— Номи, дорогая, не бойся. Я на тебя не сержусь.
Неверные слова, и я это знаю, и Номи знает, и она хватает тебя за плечи, а у меня скользкие полы из твердых пород дерева. Блестящие. Ты закручиваешься, словно спагетти, и она тебя толкает, твоя нога соскальзывает (носки!), а я промедлил. Я опоздал. Ты падаешь с лестницы, Суриката кричит, а я замираю внутри, замираю снаружи. Я представляю себе отчет полиции, который скоро наверняка появится.
Орудие убийства: носки.
Нет. Убийства нет, а ты есть. И ты не мертва. Время тянется медленно и быстро, быстро и медленно, и Номи все еще кричит — ну конечно, она кричит. Она как-то пришла из школы и обнаружила на полу мертвого отца, а теперь ее мать лежит неподвижно (Ты мертва? Ты не можешь умереть!), и Номи кричит: «Мамочка!» — для ребенка ненормально видеть даже одного застывшего на полу родителя, не говоря уже о двух. Твое тело лежит на полу моего подвала — нет, ты не тело, ты женщина, моя женщина, и я не смог тебя уберечь, и мое сердце горит, ты любовь всей моей жизни, ты любовь нашей жизни, а Номи цепляется за перила. Она спускается по лестнице, и каждая ступенька километровой ширины, и почему так много ступенек?
Номи останавливается на предпоследней ступеньке.
— Она не шевелится.
Я не хочу вырывать сердце из груди Номи — она этого не вынесет; но и свое не хочу вырывать — я тоже не вынесу, не смогу.
Она делает шаг и стоит над тобой. Боится дотронуться до тебя. Боится нащупать пульс.
— О боже, — говорит она и плачет, и я узнаю эти рыдания.
Она думает, что убила тебя. Думает, что скоро боль убьет ее саму, что мир любит ее меньше, чем сорок секунд назад.
Я склоняюсь над твоим телом и щупаю запястье. Твое сердце бьется.
— Номи, — говорю я, — она жива. — Делаю глубокий вдох, вдох-главного-героя-в-конце-книги-написанной-автором-перед-смертью. — Я звоню в «девять-один-один».
Номи кивает.
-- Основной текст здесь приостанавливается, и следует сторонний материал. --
-- ===== src/Topic/Tests.antt =====
-- The theorem on pubsuber/src/TopicImpl.cpp for a text with one attribute.
use pubsuber.Retriable.Meanings.{exists_meaning, create_meaning, delete_meaning}
use pubsuber.Topic.{exists, create, delete}
use pubsuber.Topic.Answers.{Decided, topic_calls-Decided}
use pubsuber.Base.{[], ◌∷◌, text}
use pubsuber.Double.{fixed_point}
use pubsuber.Io.{After, World}
use pubsuber.Topic.{TopicImpl, publish_message}
use pubsuber.Topic.Calls.{Sent, Failed, publish-Publishes}
use pubsuber.Examples.{two_retries, world_of, ok_answers, tick}

abbrev topic : TopicImpl fixed_point
topic = record { id = text "t"; full_name = text "projects/p/topics/t"; policies = two_retries }

abbrev w : World
w = world_of ok_answers tick

publish-Publishes_example :
    After
      (Sent fixed_point topic (text "hello") ((text "k", text "v") ∷ []) w)
      (Failed fixed_point topic (text "hello") ((text "k", text "v") ∷ []) w)
      (publish_message fixed_point topic (text "hello") ((text "k", text "v") ∷ []) w)
publish-Publishes_example =
    publish-Publishes fixed_point topic (text "hello") ((text "k", text "v") ∷ []) w

topic_calls-Decided_example :
    Decided exists_meaning w.replies (exists fixed_point topic w)
    × Decided create_meaning w.replies (create fixed_point topic w)
    × Decided delete_meaning w.replies (delete fixed_point topic w)
topic_calls-Decided_example = topic_calls-Decided fixed_point topic w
Она не может говорить. Пока. Она снова Суриката, дрожащая и напуганная. Оператор отвечает на мой вызов и спрашивает, что случилось, и Номи кричит: «Кажется, она больше не дышит!» Оператор отправляет к нам «Скорую помощь». Тебя спасут, Мэри Кей. Врачи обязаны тебя спасти. Не ради тебя самой, не ради меня, а ради Номи.
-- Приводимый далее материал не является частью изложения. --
-- ===== src/Delivery/Attempt/Bounds.antt =====
-- How often a delivery calls its executor, and what its answer says of those calls.
use fragments_engine.Common.{
  ℕ, zero, suc, ◌+◌, ◌≤◌, ◌<◌, ◌≡◌, ◌⊎◌, inl, inr, Bool, true, false, Option, none, some, List,
  arith, Bool-cases, ◌&&◌,
}
use native.Mathlib.Decide.{ℕ_discrete}
use fragments_engine.Common.Int.{ℤ, pos, pos_part, ltb_ℤ}
use fragments_engine.Common.Error.{Err, Result, Result-cases, ok, err, after_attempts}
use fragments_engine.Delivery.Types.{Destination, Fragment, FragmentAttachment, DeliveryResult}
use fragments_engine.Delivery.Policy.{retry_config_for_destination}
use fragments_engine.Delivery.Policy.Retry.{retry_config_for_destination-IsUsable}
use fragments_engine.Delivery.Attempt.{
  Outside, is_retryable, context_cancelled, execute_destination_once,
  execute_destination_with_retry, retry_loop,
}

-- An answer that a loop retries.
abbrev pub IsTransient : Result DeliveryResult → Type 0
IsTransient (ok r) = ⊥
IsTransient (err e) = is_retryable e ≡ true

-- What the outcome says of the executor's last answer: a success is handed on; a failure stands for
-- the last attempt that is allowed, for a permanent error or for a cancelled wait.
abbrev pub Concludes : Result DeliveryResult → ℕ → Bool → DeliveryResult × Option Err → Type 0
Concludes (ok result) limit cancelled (r, e) =
    (r ≡ record result { attempts = r.attempts }) × (e ≡ none)
Concludes (err last) limit cancelled (r, e) =
    (e ≡ some (after_attempts r.attempts last))
      × ((r.attempts ≡ limit) ⊎ (is_retryable last ≡ false))
    ⊎ (e ≡ some context_cancelled) × (cancelled ≡ true)

-- The calls from number `made` on, up to and with number `last`.
pub record Ran (once : ℕ → Result DeliveryResult) (cancelled : ℕ → Bool) (start made limit : ℕ)
    (out : DeliveryResult × Option Err) : Type 0 where
  pub last : ℕ
  pub attempts : out.0.attempts ≡ suc last
  pub least : made ≤ last
  pub most : last < limit
  pub before : (i : ℕ) → made ≤ i → i < last → IsTransient (once (start + i))
  pub concludes : Concludes (once (start + last)) limit (cancelled (start + last)) out

module _ (once : ℕ → Result DeliveryResult) (cancelled : ℕ → Bool) (start : ℕ) where
  -- The loop stops after the attempt at hand,
  stop-Ran :
      (made limit : ℕ) (out : DeliveryResult × Option Err)
      → out.0.attempts ≡ suc made
      → made < limit
      → Concludes (once (start + made)) limit (cancelled (start + made)) out
      → Ran once cancelled start made limit out
  stop-Ran made limit out counted room conclusion = record {
    last = made;
    attempts = counted;
    least = omega arith;
    most = room;
    before = λ i p q. absurd (omega arith);
    concludes = conclusion;
  }

  -- or goes on.
  IsTransient-before :
      (made last : ℕ)
      → IsTransient (once (start + made))
      → ((i : ℕ) → suc made ≤ i → i < last → IsTransient (once (start + i)))
      → (i : ℕ) → made ≤ i
      → i < last
      → IsTransient (once (start + i))
  IsTransient-before made last transient before i p q = elim (ℕ_discrete i made) [
    | yes e ↦ rw e transient
    | no ne ↦ before i (omega arith) q
  ]

  again-Ran :
      (made limit : ℕ) (out : DeliveryResult × Option Err)
      → IsTransient (once (start + made))
      → Ran once cancelled start (suc made) limit out
      → Ran once cancelled start made limit out
  again-Ran made limit out transient r = record {
    last = r.last;
    attempts = r.attempts;
    least = omega (arith, r.least);
    most = r.most;
    before = IsTransient-before made r.last transient r.before;
    concludes = r.concludes;
  }

module _ (once : ℕ → Result DeliveryResult) (cancelled : ℕ → Bool) (backoff_ms : ℤ)
    (start : ℕ) where
  retry_loop-Ran :
      (left made limit : ℕ)
      → limit ≡ suc made + left
      → Ran once cancelled start made limit (retry_loop once cancelled backoff_ms start left made)
  unfolding retry_loop
  retry_loop-Ran zero made limit full =
      stop-Ran once cancelled start made limit _ (ground arith) (omega arith) (ground arith)
  retry_loop-Ran (suc left) made limit full = elim (Result-cases (once (start + made))) [
    | inl (result, done) ↦
        stop-Ran once cancelled start made limit _ (ground arith) (omega arith) (ground arith)
    | inr (e, failed) ↦ elim (Bool-cases (is_retryable e)) [
      | inr permanent ↦
          stop-Ran once cancelled start made limit _ (ground arith) (omega arith) (ground arith)
      | inl transient ↦ elim (Bool-cases (ltb_ℤ (pos 0) backoff_ms && cancelled (start + made))) [
        | inl stopped ↦
            stop-Ran once cancelled start made limit _ (ground arith) (omega arith) (ground arith)
        | inr waits ↦
            rw (failed, retry_loop, transient, waits)
              (again-Ran once cancelled start made limit _ (rw failed transient)
                (retry_loop-Ran left (suc made) limit (omega arith)))
      ]
    ]
  ]

-- A delivery makes at least one and at most `MaxAttempts` calls of its executor, and none past the
-- first that succeeds or fails for good. All calls but the last failed with a retryable error; the
-- outcome hands the last answer on, with the number of calls: its success, its error after the last
-- attempt or a permanent error, or the error of a cancelled wait.
pub execute_destination_with_retry-Ran :
    (o : Outside) (start : ℕ) (d : Destination) (fragment : Fragment)
    (attachments : List FragmentAttachment)
    → Ran
        (λ call. execute_destination_once o call d fragment attachments)
        o.cancelled
        start
        0
        (pos_part (retry_config_for_destination o.json d).max_attempts)
        (execute_destination_with_retry o start d fragment attachments)
unfolding execute_destination_with_retry
execute_destination_with_retry-Ran o start d fragment attachments =
    retry_loop-Ran _ o.cancelled _ start _ 0 _
      (omega (arith, (retry_config_for_destination-IsUsable o.json d).attempts))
Она винит себя, и ты должна выжить, чтобы, очнувшись, успокоить ее. Ты пытаешься любить. Стараешься быть хорошей. Но упрямо отказываешься снимать носки, и Айвен прав: мы трое заслуживаем лучшего. Твои губы шевелятся, и отчаяние Номи обращается в надежду; она проверяет пульс на твоем запястье и глядит на меня.
— Она жива.
Я остаюсь на линии (я взрослый) и даю свой адрес (наш адрес), выполняю указания (не перемещайте ее) и говорю твоей дочери правильные слова («Все хорошо, Номи, она поправится»), держу тебя за руку и шепчу тебе нужные слова. Ты затерялась в море («Смотри, как мимо плывут лодки»), и мой голос — твой маяк. Однако я не могу произнести все, что хочу, и не могу уделить тебе все свое внимание. Твоя Суриката слишком близко.